2010 Great Florida Triathlon

Once again the Lake County Amateur Radio Emergency Service ( LCARES ) turned out to support the Great Florida Triathlon that was held in Cleremont, Florida on October 23, 2010.

This is an annual event that attracts triathlon participants from all over the United States as well as some foreign countries. People who choose the long triathlon course must first swim 2.4 miles, bicycle 112 miles and run a marathon of 26 miles within a prescribed time.

The LCARES volunteers were asked to provide radio communications for the event. We had fourteen ARES personnel supporting three rest stops, the communications trailer and mobile units along the routes. The trailer which housed the net control station, N4FLA, was located at the finish line in Cleremont. Our job was to assure the safety of the bicycle riders by reporting their progress through a system of rest stops, calling for the help of a mobile repair service when mechanical break downs occurred, relaying to Lake and Sumter EMS for medical problems on the course and transporting riders and bicycles back to the finish line if they had minor injuries or decided to quit the race.

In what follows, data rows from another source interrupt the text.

-- ===== src/Mm/Ends.antt =====
-- What a step of the allocator leaves behind, and the step that every operation shares: both tags
-- are written over a range that held one block or several.
use cs0330_fall2022_7_malloc.Base.{
  ℕ, ◌+◌, ◌-◌, ◌*◌, ◌%◌, ◌≤◌, ◌<◌, ◌≡◌, List, [], ◌∷◌, ◌++◌, Bool, arith, ◌⊎◌, inl, inr,
}
use cs0330_fall2022_7_malloc.Machine.{Mem, State, Run, ok, bit}
use cs0330_fall2022_7_malloc.Block.{block_set_size_and_allocated}
use cs0330_fall2022_7_malloc.Block.Write.{Tagged, block_set_size_and_allocated_lem}
use cs0330_fall2022_7_malloc.Layout.{Blocks, span, done, block}
use cs0330_fall2022_7_malloc.Layout.Payload.{payload_byte-append, payload_byte-range, KeepsPayload}
use cs0330_fall2022_7_malloc.Layout.Retile.{
  SameOutside, others, upto-le, Sound-retile, FreeRing-retile,
}
use cs0330_fall2022_7_malloc.Layout.Sound.{Sound}
use cs0330_fall2022_7_malloc.FreeList.Ring.{FreeRing}

-- The run ends well, in a state with the layout `bs` and the blocks `fs` in the free list, and no
-- payload of `bs` has changed.
pub record Ends (r : Run (Unit {0})) (s : State) (bs : Blocks) (fs : List ℕ) : Type 0 where
  pub mem : Mem
  pub first : ℕ
  pub run : r ≡ ok tt (record s { mem = mem; flist_first = first })
  pub sound : Sound (record s { mem = mem; flist_first = first }) bs
  pub free : FreeRing mem first fs
  pub keeps : KeepsPayload s.mem_start_brk bs s.mem mem

-- Writing tags changes no payload of the layout that they make.
pub Tagged-KeepsPayload :
    (p : ℕ) (xs ys : Blocks) (n : ℕ) (f : Bool) {m m' : Mem}
    → Tagged m m' (p + span xs) n f
    → KeepsPayload p (xs ++ ((n, f) ∷ ys)) m m'
Tagged-KeepsPayload p xs ys n f t a i =
    let split = payload_byte-append p xs ((n, f) ∷ ys) a in
    let front = payload_byte-range p xs a in
    let back = payload_byte-range (p + span xs + n) ys a in
    let away : ((a < p + span xs) ⊎ (p + span xs + 8 ≤ a))
        × ((a < p + span xs + n - 8) ⊎ (p + span xs + n ≤ a)) =
      ground arith in
    t.same a away.0 away.1

Tagged-SameOutside :
    {m m' : Mem} {q n : ℕ} {f : Bool} (c : ℕ) → Tagged m m' q n f → c ≡ q + n → SameOutside q c m m'
Tagged-SameOutside {n} c t e a (inl h) = let big = t.at.tags in t.same a (inl h) (inl (omega arith))
Tagged-SameOutside {n} c t e a (inr h) =
    let big = t.at.tags in t.same a (inr (omega arith)) (inr (omega arith))

module _ {s : State} (xs mid ys : Blocks) (sound : Sound s (xs ++ (mid ++ ys)))
    (free : FreeRing s.mem s.flist_first
      (others s.mem_start_brk xs (s.mem_start_brk + span xs + span mid) ys)) where
  -- From tags over the whole range to the new layout.
  pub retagged :
      (n : ℕ) (f : Bool) {r : Run (Unit {0})}
      → n ≡ span mid
      → 32 ≤ n + 16 * bit f
      → (m' : Mem) → (r ≡ ok tt (record s { mem = m' }))
      → Tagged s.mem m' (s.mem_start_brk + span xs) n f
      → Ends r s
          (xs ++ ((n, f) ∷ ys))
          (others s.mem_start_brk xs (s.mem_start_brk + span xs + span mid) ys)
  retagged n f e links m' run t =
      let q = s.mem_start_brk + span xs in
      let same = Tagged-SameOutside (q + span mid) t (omega arith) in
      let s' : State = record s { mem = m' } in
      let made : Sound s' (xs ++ (((n, f) ∷ []) ++ ys)) =
        Sound-retile xs mid ys sound ((n, f) ∷ []) m' same
          (block t.at links (done (omega arith))) in
      record {
        mem = m';
        first = s.flist_first;
        run = run;
        sound = made;
        free = FreeRing-retile xs mid ys sound m' same free;
        keeps = Tagged-KeepsPayload s.mem_start_brk xs ys n f t;
      }

  -- `block_set_size_and_allocated` over the whole range makes it one block.
  pub merged :
      (n : ℕ) (f : Bool)
      → n ≡ span mid
      → n % 8 ≡ 0
      → 16 ≤ n
      → 32 ≤ n + 16 * bit f
      → Ends
          (block_set_size_and_allocated (s.mem_start_brk + span xs) n (bit f) s)
          s
          (xs ++ ((n, f) ∷ ys))
          (others s.mem_start_brk xs (s.mem_start_brk + span xs + span mid) ys)
  merged n f e aligned tags links =
      let (m', run, t) =
        block_set_size_and_allocated_lem s (s.mem_start_brk + span xs) n f aligned tags
          (omega arith) (omega (arith, upto-le xs mid ys sound)) sound.top in
      retagged n f e links m' run t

The ham operators taking part in this activity contributed 122 man hours and covered 1617 miles while patrolling the race course.

This part of Florida is known as “ Florida’s Hill Country” which presented a challenge to many of the 350 bicyclists as they raced through Lake County’s scenic countryside. We had to deal with several cases of dehydration in the sunny 85 degree heat. Some of these people just rested a while ,drank a lot of water and then continued on. LCARES only had to transport five riders back to the finish area where they were checked out by the Lake and Sumter EMS. One of the things we learned was to have our mobile units stocked up with plenty of water and Gatorade to provide for those riders who were having trouble and were far away from a rest stop.

The Lake County Sheriffs Department and the Cleremont Police Department covered some of the major intersections to make sure the bike riders could cross safely and not get tangled up in vehicular traffic.

Taking part in this kind of public service activity helps the Amateur Emergency Service personnel train for the time when their expertise as radio communicators may be necessary during times of natural disasters such as hurricanes or tornados. They work as an integral part of the Emergency Management system along with other first responders.